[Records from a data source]
▶
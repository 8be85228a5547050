-- ===== src/Resilience/Failure.antt =====
-- fusen/src/resilience/breaker.rs: the classes of a failed attempt and what each does to a breaker.
use fusen_rs.Prelude.{Bool, true, false}

pub data FailureClass : Type 0 where
  connect transport timeout unavailable overloaded remote_server remote_failure protocol :
      FailureClass
  application invalid_request cancelled local_rejection : FailureClass

unfoldable pub is_retryable : FailureClass → Bool
is_retryable connect = true
is_retryable transport = true
is_retryable timeout = true
is_retryable unavailable = true
is_retryable overloaded = true
is_retryable remote_server = true
is_retryable _ = false

pub data BreakerImpact : Type 0 where
  success failure ignore unattempted : BreakerImpact

unfoldable pub breaker_impact : FailureClass → BreakerImpact
breaker_impact connect = failure
breaker_impact transport = failure
breaker_impact timeout = failure
breaker_impact unavailable = failure
breaker_impact remote_server = failure
breaker_impact remote_failure = failure
breaker_impact protocol = failure
breaker_impact application = success
breaker_impact _ = ignore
◀
- Work order:
Every entry above needs to be duplicated exactly.

- The completed task:
repository 8be85228a5547050
-- ===== src/Resilience/Failure.antt =====
-- fusen/src/resilience/breaker.rs: the classes of a failed attempt and what each does to a breaker.
use fusen_rs.Prelude.{Bool, true, false}

pub data FailureClass : Type 0 where
  connect transport timeout unavailable overloaded remote_server remote_failure protocol :
      FailureClass
  application invalid_request cancelled local_rejection : FailureClass

unfoldable pub is_retryable : FailureClass → Bool
is_retryable connect = true
is_retryable transport = true
is_retryable timeout = true
is_retryable unavailable = true
is_retryable overloaded = true
is_retryable remote_server = true
is_retryable _ = false

pub data BreakerImpact : Type 0 where
  success failure ignore unattempted : BreakerImpact

unfoldable pub breaker_impact : FailureClass → BreakerImpact
breaker_impact connect = failure
breaker_impact transport = failure
breaker_impact timeout = failure
breaker_impact unavailable = failure
breaker_impact remote_server = failure
breaker_impact remote_failure = failure
breaker_impact protocol = failure
breaker_impact application = success
breaker_impact _ = ignore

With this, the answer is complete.